Никита передохнул, собрание с тревогой ждало, что он скажет дальше. Котька сидел, опустив голову, а председатель выдвинулся со своей табуреткой ближе к рампе.
— А он обманул вас! — повторил Никита, утирая ладонью вспотевший лоб. — И не зря я предложил ему разоружаться. Дело садовника совпартшколы Корыбко вы знаете, читали о нем в газете. Садовник Корыбко вместе со своим сыном уже давно в штабе Духонина, дело сдано в архив, и все это, так сказать, седое прошлое. Но зачем врать? Зачем врать, спрашивается? Врать может только тот человек, у кого совесть нечиста. А вот этот, как его правильно здесь назвали, тип соврал. Я, вы знаете, у вас в ячейке новый человек. Меня временно прикрепил сюда окружком комсомола для усиления работы. Когда Григоренко подал заявление о приеме, я, зная, что он жил на квартире у садовника Корыбко, справился о нем у следователя ГПУ, товарища Вуковича, который вел дело Корыбко.
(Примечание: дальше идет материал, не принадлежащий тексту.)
-- ===== src/Lib.antt =====
-- Testhub: a server that runs test specifications. Tests are submitted, wait in a queue, are
-- executed by worker threads and are kept in a history; events tell what happens.
--
-- The parts and where they are modelled:
-- * Model (src/model/types.h): the states and priorities with their names, requests, results.
-- * StringUtil (src/util/string_util.h): the string helpers, over lists of bytes.
-- * TagFilter (src/engine/tag_filter.h): parse, all and matches. The parser calls itself on fuel,
--   four units for each byte and four more, which is enough for every text.
-- * Spec (src/spec/spec.h): tables, steps, scenarios and specifications. Spec.Parser
--   (src/spec/spec_parser.cpp) reads the rows of tables and the text of steps, and expands concepts
--   17 levels deep, as the source does.
-- * Queue (src/engine/test_queue.h): TestQueue. A section under the mutex is a function from the
--   state to the next one; the events that are published stand in the result.
-- * EventBus (src/event/event_bus.h, event_bus.cpp): subscribe, publish, recentEvents, and the
--   dispatcher as steps that take an event and call its handlers.
-- * Trends (src/engine/trends.h): groupTrends, compareScenarios and summarizeDiffs.
-- * Engine (src/engine/execution_engine.h, execution_engine.cpp, result_store.cpp): the state, with
--   Submit (submit, rerun), Cancel (cancel, and how workerLoop and updateStatus write a record),
--   History (trimHistory, remove, clearHistory), Finish (loadHistory, and how execute begins and
--   ends), Queries (list, count, stats, trendRuns, compareTests) and Run: executeStep in Run.Steps,
--   executeScenario in Run.Scenarios, executeSpec and the final state in Run.Specs, executeSequential
--   and the run of a test on one stream in Run.Suite. Worker is execute from the record to its end.
--   The engine holds the queue and calls it. Engine.Invariant.Sections has the sections under the
--   record lock as a step relation.
-- * Json (src/util/json.h): values; Json.Print (dump), Json.Parse (parse, tryParse) and Json.Access.
-- * Cron (src/util/cron.h): parse, matches and nextAfter. A bit mask is a function to Bool, read
--   below 64.
-- * Scheduler (src/engine/scheduler.h, scheduler.cpp): the state, list and stats; Calls (tick,
--   fireNow), Store (create, update, remove) and Load (loadAll). It parses with Cron and hands its
--   requests to the callbacks, which testhub.cpp sets to the engine's submit and to a test of the
--   record's state.
-- * Base64 (src/util/base64.h): encode and decode.
-- * Server (src/server/http_server.h, http_server.cpp, auth.h): requests and responses; Server.Parse
--   (urlDecode, parseRequestHead), Server.Routes (addRoute, matchRoute), Server.Static (serveStatic),
--   Server.Dispatch (dispatch), Server.Write (serialize) and Server.Auth (authorize, which
--   testhub.cpp sets as the filter).
-- Base has the shared types and lemmas, Examples the runs on fixed inputs.
--
-- A time point or a duration is a number, and the clock an argument. The text of the local time, the
-- search for specification files and the success of a write are parameters. A call that takes the
-- record lock several times is a sequence of sections. The search for a free id runs on fuel, since
-- it need not end; the loop of trimHistory runs on the length of the order, which each round
-- shortens; the attempts of a step run on two more than the retries. In a run, the cancel flag, the
-- deadline, the runner's answers and the files are the parameter World, which is asked anew at each
-- reading. A progress is a fraction.
--
-- The JSON parser calls itself on fuel, three units for each byte and two more, which is enough for
-- every text. A double is its 64 bits, and the record Floats says how the C library prints, reads and
-- truncates one. nextAfter tries 366 * 24 * 60 minutes; gmtime is a parameter. generateId, which need
-- not end, runs on fuel. The callbacks of the scheduler are functions on a state of the world that is
-- threaded through the calls. A handler of a route is a function on the state of the world that may
-- throw; the file system is the record FileSystem, and double_of turns an int into a double.
--
-- Not modelled: sockets, processes, files, logging, and what PROJECT.json lists as planned.
pub mod Base
pub mod Base64
pub mod Cron
pub mod Engine
pub mod EventBus
pub mod Examples
pub mod Json
pub mod Model
pub mod Queue
pub mod Scheduler
pub mod Server
pub mod Spec
pub mod StringUtil
pub mod TagFilter
pub mod Trends
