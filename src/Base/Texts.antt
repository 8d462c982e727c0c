-- ===== src/Base/Texts.antt =====
-- `std::string` as the list of its bytes, with the comparisons of whole strings.
use Prim.Native.Nat.{ℕ, zero, suc, ◌+◌, ◌/◌, ◌%◌, ◌<◌, ◌≤◌}
use Prim.Native.Char.{code}
use Prim.Native.String.{String}
use mathlib.Core.Path.{◌≡◌, refl, sym, ap, ◌∙◌}
use mathlib.Core.Logic.{◌↔◌, inl, inr}
use mathlib.Core.Bool.{Bool, true, false, ◌&&◌, ◌||◌}
use mathlib.Core.Option.{Option, none, some}
use mathlib.Core.List.{List, [], ◌∷◌, ◌++◌, append_assoc, append-nil}
use native.Mathlib.Omega.{arith}
use testhub.Base.Lists.{All, All-append}
use testhub.Base.Tests.{Bool-cases, ◌==◌, ltb, if◌then◌else◌}

abbrev pub Text : Type 0
Text = List ℕ

-- The bytes of an ASCII literal.
abbrev pub codes : String → Text
codes String.[] = []
codes (String.◌∷◌ c s) = code c ∷ codes s

-- `operator==` of strings.
unfoldable pub text_eq : Text → Text → Bool
text_eq [] [] = true
text_eq (x ∷ xs) (y ∷ ys) = x == y && text_eq xs ys
text_eq _ _ = false

pub text_eq_iff : (a b : Text) → (text_eq a b ≡ true) ↔ (a ≡ b)
unfolding text_eq
text_eq_iff (x ∷ a) (y ∷ b) = ground (arith, text_eq_iff a b)
text_eq_iff _ _ = ground arith

pub text_eq_refl : (a : Text) → text_eq a a ≡ true
text_eq_refl a = (text_eq_iff a a).1 refl

pub text_eq_comm : (a b : Text) → text_eq a b ≡ text_eq b a
unfolding text_eq
text_eq_comm (x ∷ a) (y ∷ b) = ground (arith, text_eq_comm a b)
text_eq_comm _ _ = ground arith

-- `operator<` of strings, byte by byte.
unfoldable pub text_lt : Text → Text → Bool
text_lt a [] = false
text_lt [] (y ∷ b) = true
text_lt (x ∷ a) (y ∷ b) = ltb x y || (x == y && text_lt a b)

pub text_lt_irrefl : (a : Text) → text_lt a a ≡ false
unfolding text_lt
text_lt_irrefl [] = refl
text_lt_irrefl (x ∷ a) = ground (arith, text_lt_irrefl a)

pub text_lt_trans : (a b c : Text) → text_lt a b ≡ true → text_lt b c ≡ true → text_lt a c ≡ true
unfolding text_lt
text_lt_trans a [] c h k = cc
text_lt_trans a (y ∷ b) [] h k = cc
text_lt_trans [] (y ∷ b) (z ∷ c) h k = refl
text_lt_trans (x ∷ a) (y ∷ b) (z ∷ c) h k = ground (arith, text_lt_trans a b c)

-- Two strings are equal or ordered.
pub text_lt_connex : (a b : Text) → text_eq a b ≡ false → text_lt a b ≡ false → text_lt b a ≡ true
unfolding text_lt text_eq
text_lt_connex [] [] h k = cc
text_lt_connex [] (y ∷ b) h k = cc
text_lt_connex (x ∷ a) [] h k = refl
text_lt_connex (x ∷ a) (y ∷ b) h k = ground (arith, text_lt_connex a b)

-- `std::to_string` of a number that is not negative; the fuel is more than the number of digits.
digits_on : ℕ → ℕ → Text → Text
digits_on zero n rest = rest
digits_on (suc f) n rest =
    let more = digits_on f (n / 10) ((b'0' + n % 10) ∷ rest) in
    if ltb n 10 then (b'0' + n) ∷ rest else more

unfoldable pub to_string : ℕ → Text
unfolding digits_on
to_string n = digits_on (suc n) n []

digits_on_lem :
    (f n : ℕ) (rest : Text)
    → 0 < n
    → n < f
    → (d : ℕ) × (ds : Text) × (digits_on f n rest ≡ d ∷ (ds ++ rest))
      × ((b'1' ≤ d) × (d ≤ b'9'))
      × All (λ c. (b'0' ≤ c) × (c ≤ b'9')) ds
unfolding digits_on
digits_on_lem zero n rest p h = absurd (omega arith)
digits_on_lem (suc f) n rest p h = elim (Bool-cases (ltb n 10)) [
  | inl small ↦ (b'0' + n, [], rw small refl, ground arith, tt)
  | inr large ↦
      let last = b'0' + n % 10 in
      let (d, ds, e, first, digits) =
        digits_on_lem f (n / 10) (last ∷ rest) (ground arith) (ground arith) in
      (
        d,
        ds ++ (last ∷ []),
        rw large (e ∙ ap (λ t. d ∷ t) (sym (append_assoc ds (last ∷ []) rest))),
        first,
        All-append _ ds (last ∷ []) digits ((omega arith, omega arith), tt),
      )
]

-- A positive number begins with a digit that is not zero.
pub to_string_digits :
    (n : ℕ)
    → 0 < n
    → (d : ℕ) × (ds : Text) × (to_string n ≡ d ∷ ds)
      × ((b'1' ≤ d) × (d ≤ b'9'))
      × All (λ c. (b'0' ≤ c) × (c ≤ b'9')) ds
unfolding to_string
to_string_digits n p =
    let (d, ds, e, first, digits) = digits_on_lem (suc n) n [] p (omega arith) in
    (d, ds, rw (append-nil ds) at e, first, digits)

-- `%03u` of a number below 1000.
unfoldable pub three_digits : ℕ → Text
three_digits n = (b'0' + n / 100) ∷ (b'0' + n / 10 % 10) ∷ (b'0' + n % 10) ∷ []

-- `std::find(ids.begin(), ids.end(), id) != ids.end()`.
abbrev pub mem_text : Text → List Text → Bool
mem_text id [] = false
mem_text id (x ∷ xs) = text_eq x id || mem_text id xs

pub mem_text-append :
    (id : Text) (xs ys : List Text) → mem_text id (xs ++ ys) ≡ (mem_text id xs || mem_text id ys)
mem_text-append id [] ys = refl
mem_text-append id (x ∷ xs) ys = ground (arith, mem_text-append id xs ys)

-- No string occurs twice.
abbrev pub IsDistinct : List Text → Type 0
IsDistinct [] = Unit
IsDistinct (x ∷ xs) = (mem_text x xs ≡ false) × IsDistinct xs

-- The text before the first `c`, and what is behind it if there is one.
unfoldable pub cut : ℕ → Text → Text × Option Text
cut c [] = ([], none)
cut c (d ∷ s) =
    let (before, behind) = cut c s in if d == c then ([], some s) else (d ∷ before, behind)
В деле этом есть показания Григоренко. Там, в ГПУ, он сознался, что видел не два, а даже три раза, как в дом к садовнику Корыбко приходил сын его, Збигнев, причем там в своих показаниях Григоренко прямо и ясно написал, что еще со времен петлюровщины он знал, что сын садовника — пилсудчик, что он удрал за границу и так далее. Григоренко заявил на следствии, что он не сообщил обо всем этом властям только потому, что боялся, как бы этот Збигнев его не пристрелил. Не будем здесь говорить, правильно ли сделал Григоренко или неправильно, — думаю, что все вы понимаете это сами, — но зачем врать, спрашивается? Зачем обманывать собрание, прикидываться незнайкой, кричать тут всякие революционные слова, говорить об отречении от матери и в то же время встречаться с матерью тайком? Все это мне очень и очень не нравится, товарищи. Предложение: данного субъекта в комсомол не принимать! — И, точно отрубив последнюю фразу, Никита неожиданно сел на место.
— Продолжаем прения или… — спохватился председатель.
— Голосуй! — послышались выкрики в разных концах зала.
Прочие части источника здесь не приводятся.